Records provided

____________________

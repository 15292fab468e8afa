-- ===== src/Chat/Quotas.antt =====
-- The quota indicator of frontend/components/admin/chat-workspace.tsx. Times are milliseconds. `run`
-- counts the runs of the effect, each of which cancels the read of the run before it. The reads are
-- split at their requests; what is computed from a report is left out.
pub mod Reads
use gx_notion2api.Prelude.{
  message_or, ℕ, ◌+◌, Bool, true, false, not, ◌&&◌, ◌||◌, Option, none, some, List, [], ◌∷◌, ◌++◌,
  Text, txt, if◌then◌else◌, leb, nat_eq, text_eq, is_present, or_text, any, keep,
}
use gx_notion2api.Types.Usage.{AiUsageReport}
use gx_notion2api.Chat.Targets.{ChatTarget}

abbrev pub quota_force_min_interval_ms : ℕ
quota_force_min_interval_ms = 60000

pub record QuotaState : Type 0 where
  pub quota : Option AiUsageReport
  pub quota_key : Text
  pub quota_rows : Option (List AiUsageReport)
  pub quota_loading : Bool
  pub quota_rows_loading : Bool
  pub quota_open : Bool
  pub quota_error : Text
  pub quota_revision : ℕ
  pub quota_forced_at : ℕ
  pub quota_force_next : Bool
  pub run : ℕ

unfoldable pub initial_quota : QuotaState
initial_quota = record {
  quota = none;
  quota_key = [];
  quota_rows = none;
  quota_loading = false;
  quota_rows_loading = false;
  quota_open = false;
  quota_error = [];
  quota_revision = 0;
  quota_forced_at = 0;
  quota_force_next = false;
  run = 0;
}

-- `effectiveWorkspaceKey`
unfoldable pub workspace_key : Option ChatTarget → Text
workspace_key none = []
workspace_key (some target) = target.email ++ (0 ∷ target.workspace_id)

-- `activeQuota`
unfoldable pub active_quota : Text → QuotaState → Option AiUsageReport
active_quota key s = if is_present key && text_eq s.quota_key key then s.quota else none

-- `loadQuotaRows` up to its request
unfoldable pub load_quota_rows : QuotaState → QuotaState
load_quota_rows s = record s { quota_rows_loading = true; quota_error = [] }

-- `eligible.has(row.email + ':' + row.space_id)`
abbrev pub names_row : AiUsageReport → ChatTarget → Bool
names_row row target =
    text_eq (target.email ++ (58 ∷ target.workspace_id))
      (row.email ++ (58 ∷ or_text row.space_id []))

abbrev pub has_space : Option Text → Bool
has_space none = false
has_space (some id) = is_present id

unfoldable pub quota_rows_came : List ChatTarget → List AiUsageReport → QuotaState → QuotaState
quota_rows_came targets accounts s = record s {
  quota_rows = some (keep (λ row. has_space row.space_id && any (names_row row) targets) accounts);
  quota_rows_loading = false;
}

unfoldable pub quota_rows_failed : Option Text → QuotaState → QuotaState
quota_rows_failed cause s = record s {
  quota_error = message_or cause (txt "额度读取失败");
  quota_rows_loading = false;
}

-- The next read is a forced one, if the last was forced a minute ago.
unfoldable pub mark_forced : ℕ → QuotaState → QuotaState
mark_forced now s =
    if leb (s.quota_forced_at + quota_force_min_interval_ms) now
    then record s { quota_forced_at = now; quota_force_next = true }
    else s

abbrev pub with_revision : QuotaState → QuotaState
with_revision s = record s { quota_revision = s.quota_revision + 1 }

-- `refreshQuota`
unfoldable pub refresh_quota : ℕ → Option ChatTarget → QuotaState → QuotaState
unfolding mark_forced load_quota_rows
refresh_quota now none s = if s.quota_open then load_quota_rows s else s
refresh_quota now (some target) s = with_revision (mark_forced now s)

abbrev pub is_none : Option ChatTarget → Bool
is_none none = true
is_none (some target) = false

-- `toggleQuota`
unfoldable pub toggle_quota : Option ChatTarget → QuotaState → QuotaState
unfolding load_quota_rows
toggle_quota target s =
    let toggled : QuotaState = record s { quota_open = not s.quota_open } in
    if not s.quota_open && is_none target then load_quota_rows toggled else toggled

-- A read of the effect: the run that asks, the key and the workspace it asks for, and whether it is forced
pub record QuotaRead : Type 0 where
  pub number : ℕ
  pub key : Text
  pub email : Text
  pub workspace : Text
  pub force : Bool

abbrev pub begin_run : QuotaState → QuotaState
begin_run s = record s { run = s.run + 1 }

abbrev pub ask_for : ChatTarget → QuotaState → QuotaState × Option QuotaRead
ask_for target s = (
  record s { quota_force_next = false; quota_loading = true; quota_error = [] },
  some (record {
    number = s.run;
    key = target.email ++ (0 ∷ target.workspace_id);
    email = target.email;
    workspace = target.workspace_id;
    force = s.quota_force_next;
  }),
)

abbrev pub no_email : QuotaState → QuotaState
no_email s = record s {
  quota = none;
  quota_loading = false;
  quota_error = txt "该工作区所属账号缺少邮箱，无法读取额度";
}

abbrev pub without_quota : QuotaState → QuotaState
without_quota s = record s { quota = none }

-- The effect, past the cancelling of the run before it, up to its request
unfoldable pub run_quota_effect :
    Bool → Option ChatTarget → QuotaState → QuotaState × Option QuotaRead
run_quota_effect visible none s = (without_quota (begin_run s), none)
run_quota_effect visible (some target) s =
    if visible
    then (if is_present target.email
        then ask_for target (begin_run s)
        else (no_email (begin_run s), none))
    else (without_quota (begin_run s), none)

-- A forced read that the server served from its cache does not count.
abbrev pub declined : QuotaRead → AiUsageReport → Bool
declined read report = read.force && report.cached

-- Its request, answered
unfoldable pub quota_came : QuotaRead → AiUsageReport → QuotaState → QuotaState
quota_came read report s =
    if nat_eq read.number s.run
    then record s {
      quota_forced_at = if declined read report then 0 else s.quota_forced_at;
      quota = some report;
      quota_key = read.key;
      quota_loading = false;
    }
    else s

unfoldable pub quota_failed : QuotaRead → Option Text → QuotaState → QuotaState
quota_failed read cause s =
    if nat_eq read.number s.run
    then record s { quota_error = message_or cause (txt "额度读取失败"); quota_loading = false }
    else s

____________________

Your goal
All entries must be repeated exactly.

Result of this exercise
repository 15292fab468e8afa
-- ===== src/Chat/Quotas.antt =====
-- The quota indicator of frontend/components/admin/chat-workspace.tsx. Times are milliseconds. `run`
-- counts the runs of the effect, each of which cancels the read of the run before it. The reads are
-- split at their requests; what is computed from a report is left out.
pub mod Reads
use gx_notion2api.Prelude.{
  message_or, ℕ, ◌+◌, Bool, true, false, not, ◌&&◌, ◌||◌, Option, none, some, List, [], ◌∷◌, ◌++◌,
  Text, txt, if◌then◌else◌, leb, nat_eq, text_eq, is_present, or_text, any, keep,
}
use gx_notion2api.Types.Usage.{AiUsageReport}
use gx_notion2api.Chat.Targets.{ChatTarget}

abbrev pub quota_force_min_interval_ms : ℕ
quota_force_min_interval_ms = 60000

pub record QuotaState : Type 0 where
  pub quota : Option AiUsageReport
  pub quota_key : Text
  pub quota_rows : Option (List AiUsageReport)
  pub quota_loading : Bool
  pub quota_rows_loading : Bool
  pub quota_open : Bool
  pub quota_error : Text
  pub quota_revision : ℕ
  pub quota_forced_at : ℕ
  pub quota_force_next : Bool
  pub run : ℕ

unfoldable pub initial_quota : QuotaState
initial_quota = record {
  quota = none;
  quota_key = [];
  quota_rows = none;
  quota_loading = false;
  quota_rows_loading = false;
  quota_open = false;
  quota_error = [];
  quota_revision = 0;
  quota_forced_at = 0;
  quota_force_next = false;
  run = 0;
}

-- `effectiveWorkspaceKey`
unfoldable pub workspace_key : Option ChatTarget → Text
workspace_key none = []
workspace_key (some target) = target.email ++ (0 ∷ target.workspace_id)

-- `activeQuota`
unfoldable pub active_quota : Text → QuotaState → Option AiUsageReport
active_quota key s = if is_present key && text_eq s.quota_key key then s.quota else none

-- `loadQuotaRows` up to its request
unfoldable pub load_quota_rows : QuotaState → QuotaState
load_quota_rows s = record s { quota_rows_loading = true; quota_error = [] }

-- `eligible.has(row.email + ':' + row.space_id)`
abbrev pub names_row : AiUsageReport → ChatTarget → Bool
names_row row target =
    text_eq (target.email ++ (58 ∷ target.workspace_id))
      (row.email ++ (58 ∷ or_text row.space_id []))

abbrev pub has_space : Option Text → Bool
has_space none = false
has_space (some id) = is_present id

unfoldable pub quota_rows_came : List ChatTarget → List AiUsageReport → QuotaState → QuotaState
quota_rows_came targets accounts s = record s {
  quota_rows = some (keep (λ row. has_space row.space_id && any (names_row row) targets) accounts);
  quota_rows_loading = false;
}

unfoldable pub quota_rows_failed : Option Text → QuotaState → QuotaState
quota_rows_failed cause s = record s {
  quota_error = message_or cause (txt "额度读取失败");
  quota_rows_loading = false;
}

-- The next read is a forced one, if the last was forced a minute ago.
unfoldable pub mark_forced : ℕ → QuotaState → QuotaState
mark_forced now s =
    if leb (s.quota_forced_at + quota_force_min_interval_ms) now
    then record s { quota_forced_at = now; quota_force_next = true }
    else s

abbrev pub with_revision : QuotaState → QuotaState
with_revision s = record s { quota_revision = s.quota_revision + 1 }

-- `refreshQuota`
unfoldable pub refresh_quota : ℕ → Option ChatTarget → QuotaState → QuotaState
unfolding mark_forced load_quota_rows
refresh_quota now none s = if s.quota_open then load_quota_rows s else s
refresh_quota now (some target) s = with_revision (mark_forced now s)

abbrev pub is_none : Option ChatTarget → Bool
is_none none = true
is_none (some target) = false

-- `toggleQuota`
unfoldable pub toggle_quota : Option ChatTarget → QuotaState → QuotaState
unfolding load_quota_rows
toggle_quota target s =
    let toggled : QuotaState = record s { quota_open = not s.quota_open } in
    if not s.quota_open && is_none target then load_quota_rows toggled else toggled

-- A read of the effect: the run that asks, the key and the workspace it asks for, and whether it is forced
pub record QuotaRead : Type 0 where
  pub number : ℕ
  pub key : Text
  pub email : Text
  pub workspace : Text
  pub force : Bool

abbrev pub begin_run : QuotaState → QuotaState
begin_run s = record s { run = s.run + 1 }

abbrev pub ask_for : ChatTarget → QuotaState → QuotaState × Option QuotaRead
ask_for target s = (
  record s { quota_force_next = false; quota_loading = true; quota_error = [] },
  some (record {
    number = s.run;
    key = target.email ++ (0 ∷ target.workspace_id);
    email = target.email;
    workspace = target.workspace_id;
    force = s.quota_force_next;
  }),
)

abbrev pub no_email : QuotaState → QuotaState
no_email s = record s {
  quota = none;
  quota_loading = false;
  quota_error = txt "该工作区所属账号缺少邮箱，无法读取额度";
}

abbrev pub without_quota : QuotaState → QuotaState
without_quota s = record s { quota = none }

-- The effect, past the cancelling of the run before it, up to its request
unfoldable pub run_quota_effect :
    Bool → Option ChatTarget → QuotaState → QuotaState × Option QuotaRead
run_quota_effect visible none s = (without_quota (begin_run s), none)
run_quota_effect visible (some target) s =
    if visible
    then (if is_present target.email
        then ask_for target (begin_run s)
        else (no_email (begin_run s), none))
    else (without_quota (begin_run s), none)

-- A forced read that the server served from its cache does not count.
abbrev pub declined : QuotaRead → AiUsageReport → Bool
declined read report = read.force && report.cached

-- Its request, answered
unfoldable pub quota_came : QuotaRead → AiUsageReport → QuotaState → QuotaState
quota_came read report s =
    if nat_eq read.number s.run
    then record s {
      quota_forced_at = if declined read report then 0 else s.quota_forced_at;
      quota = some report;
      quota_key = read.key;
      quota_loading = false;
    }
    else s

unfoldable pub quota_failed : QuotaRead → Option Text → QuotaState → QuotaState
quota_failed read cause s =
    if nat_eq read.number s.run
    then record s { quota_error = message_or cause (txt "额度读取失败"); quota_loading = false }
    else s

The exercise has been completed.